───── DATA IN THIS EXERCISE

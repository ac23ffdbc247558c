-- ===== src/KvStore/Life.antt =====
-- The life of a store over many processes, as a machine whose steps are the calls, the deaths of the
-- process and the starts of `main`; and the pair of maps that it implements.
use agent_kv.Prelude.{ℕ, Bytes, List, [], ◌∷◌, Bool, true, false, ◌≡◌, ◌⊎◌}
use agent_kv.Exec.{ok, err}
use agent_kv.Map.{Map, lookup}
use agent_kv.Wal.Frame.{Op, put, remove, apply_op}
use agent_kv.Disk.{Disk, Fate}
use agent_kv.Snapshot.{LoadResult}
use agent_kv.KvStore.{World, set, delete, save_snapshot, clear_persistence, start, is_there}
use agent_kv.KvStore.Recovery.{log_is_good}
use agent_kv.KvStore.Behind.{Stored, kept, torn, unknown, op_on}

-- What is seen of a step.
pub data Event : Type 0 where
  set_returned : Bytes → Bytes → Event
  set_threw : Bytes → Bytes → Event
  delete_returned : Bytes → Bool → Event
  delete_threw : Bytes → Event
  snapshot_returned : Bool → Event
  snapshot_threw : Event
  cleared : Event
  died : Bool → Event
  started : Event
  start_threw : Event

-- A process that serves, or the disk between two processes.
pub data Phase : Type 0 where
  up : World → Phase
  down : Disk → Phase

module _ (wal_path snapshot_path : Bytes) where
  -- The process may die between two requests; what will fail on the disk in the life of the next
  -- process is then open. There is no step for a `ClearPersistence` that throws.
  pub data Step : Event → Phase → Phase → Type 0 where
    set_ok :
        {key value : Bytes} {s s' : World}
        → set key value s ≡ (ok tt, s')
        → Step (set_returned key value) (up s) (up s')
    set_err :
        {key value e : Bytes} {s s' : World}
        → set key value s ≡ (err e, s')
        → Step (set_threw key value) (up s) (up s')
    delete_ok :
        {key : Bytes} {erased : Bool} {s s' : World}
        → delete key s ≡ (ok erased, s')
        → Step (delete_returned key erased) (up s) (up s')
    delete_err :
        {key e : Bytes} {s s' : World}
        → delete key s ≡ (err e, s')
        → Step (delete_threw key) (up s) (up s')
    snapshot_ok :
        {reply : Bool} {s s' : World}
        → save_snapshot s ≡ (ok reply, s')
        → Step (snapshot_returned reply) (up s) (up s')
    snapshot_err :
        {e : Bytes} {s s' : World}
        → save_snapshot s ≡ (err e, s')
        → Step snapshot_threw (up s) (up s')
    clear_ok : {s s' : World} → clear_persistence s ≡ (ok tt, s') → Step cleared (up s) (up s')
    death :
        {s : World} (fates : List Fate)
        → Step (died (log_is_good s)) (up s) (down (record s.disk { fates = fates }))
    start_ok :
        {d : Disk} {s : World} {r : LoadResult × ℕ}
        → start wal_path snapshot_path d ≡ (ok r, s)
        → Step started (down d) (up s)
    start_err :
        {d : Disk} {s : World} {e : Bytes}
        → start wal_path snapshot_path d ≡ (err e, s)
        → (fates : List Fate) → Step start_threw (down d) (down (record s.disk { fates = fates }))

  pub data Steps : List Event → Phase → Phase → Type 0 where
    rest : {p : Phase} → Steps [] p p
    then :
        {e : Event} {es : List Event} {p q r : Phase}
        → Step e p q
        → Steps es q r
        → Steps (e ∷ es) p r

-- The map in memory, and what outlives the process.
pub record Pair : Type 0 where
  pub memory : Map
  pub stored : Stored

-- An operation is done to both; a snapshot that it takes stores the map in memory.
abbrev pub BothBy : Op → Pair → Pair → Type 0
BothBy op p q =
    (q.memory ≡ apply_op op p.memory)
    × ((q.stored ≡ op_on op p.stored) ⊎ (q.stored ≡ kept (apply_op op p.memory)))

abbrev pub Same : Pair → Pair → Type 0
Same p q = (q.memory ≡ p.memory) × (q.stored ≡ p.stored)

-- What is left when the stream of the log has failed.
abbrev pub torn_from : Stored → Stored
torn_from (kept n) = torn n
torn_from (torn n) = torn n
torn_from unknown = unknown

-- What a start finds: the stored map; behind a torn log this map, or it with one operation more, and
-- what is logged from then on is not known to be kept.
abbrev pub Finds : Stored → Pair → Type 0
Finds (kept n) q = (q.memory ≡ n) × (q.stored ≡ kept n)
Finds (torn n) q =
    ((q.memory ≡ n) ⊎ ((op : Op) × (q.memory ≡ apply_op op n))) × (q.stored ≡ unknown)
Finds unknown q = q.stored ≡ unknown

-- The same event of such a pair: a call that returns has had its effect on both, one that throws has
-- had it on both or on neither; a snapshot stores the map in memory, a clear the empty map, and a
-- death keeps what is stored, but for one operation if the log's stream has failed.
abbrev pub Moves : Event → Pair → Pair → Type 0
Moves (set_returned key value) p q = BothBy (put key value) p q
Moves (set_threw key value) p q = BothBy (put key value) p q ⊎ Same p q
Moves (delete_returned key erased) p q =
    (erased ≡ is_there (lookup key p.memory)) × BothBy (remove key) p q
Moves (delete_threw key) p q = BothBy (remove key) p q ⊎ Same p q
Moves (snapshot_returned reply) p q =
    (reply ≡ true) × (q.memory ≡ p.memory) × (q.stored ≡ kept p.memory)
Moves snapshot_threw p q = Same p q
Moves cleared p q = (q.memory ≡ p.memory) × (q.stored ≡ kept [])
Moves (died true) p q = q.stored ≡ p.stored
Moves (died false) p q = q.stored ≡ torn_from p.stored
Moves started p q = Finds p.stored q
Moves start_threw p q = q.stored ≡ p.stored

pub data History : List Event → Pair → Pair → Type 0 where
  rest : {p : Pair} → History [] p p
  then :
      {e : Event} {es : List Event} {p q r : Pair}
      → Moves e p q
      → History es q r
      → History (e ∷ es) p r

──────────

**PROBLEM DESCRIPTION**
Nothing but the lines from the top of the entries above through the line with "set_returned : Bytes → Bytes → Event" should be set down, each exactly as written.

**EXPECTED ANSWER**
repository ac23ffdbc247558c
-- ===== src/KvStore/Life.antt =====
-- The life of a store over many processes, as a machine whose steps are the calls, the deaths of the
-- process and the starts of `main`; and the pair of maps that it implements.
use agent_kv.Prelude.{ℕ, Bytes, List, [], ◌∷◌, Bool, true, false, ◌≡◌, ◌⊎◌}
use agent_kv.Exec.{ok, err}
use agent_kv.Map.{Map, lookup}
use agent_kv.Wal.Frame.{Op, put, remove, apply_op}
use agent_kv.Disk.{Disk, Fate}
use agent_kv.Snapshot.{LoadResult}
use agent_kv.KvStore.{World, set, delete, save_snapshot, clear_persistence, start, is_there}
use agent_kv.KvStore.Recovery.{log_is_good}
use agent_kv.KvStore.Behind.{Stored, kept, torn, unknown, op_on}

-- What is seen of a step.
pub data Event : Type 0 where
  set_returned : Bytes → Bytes → Event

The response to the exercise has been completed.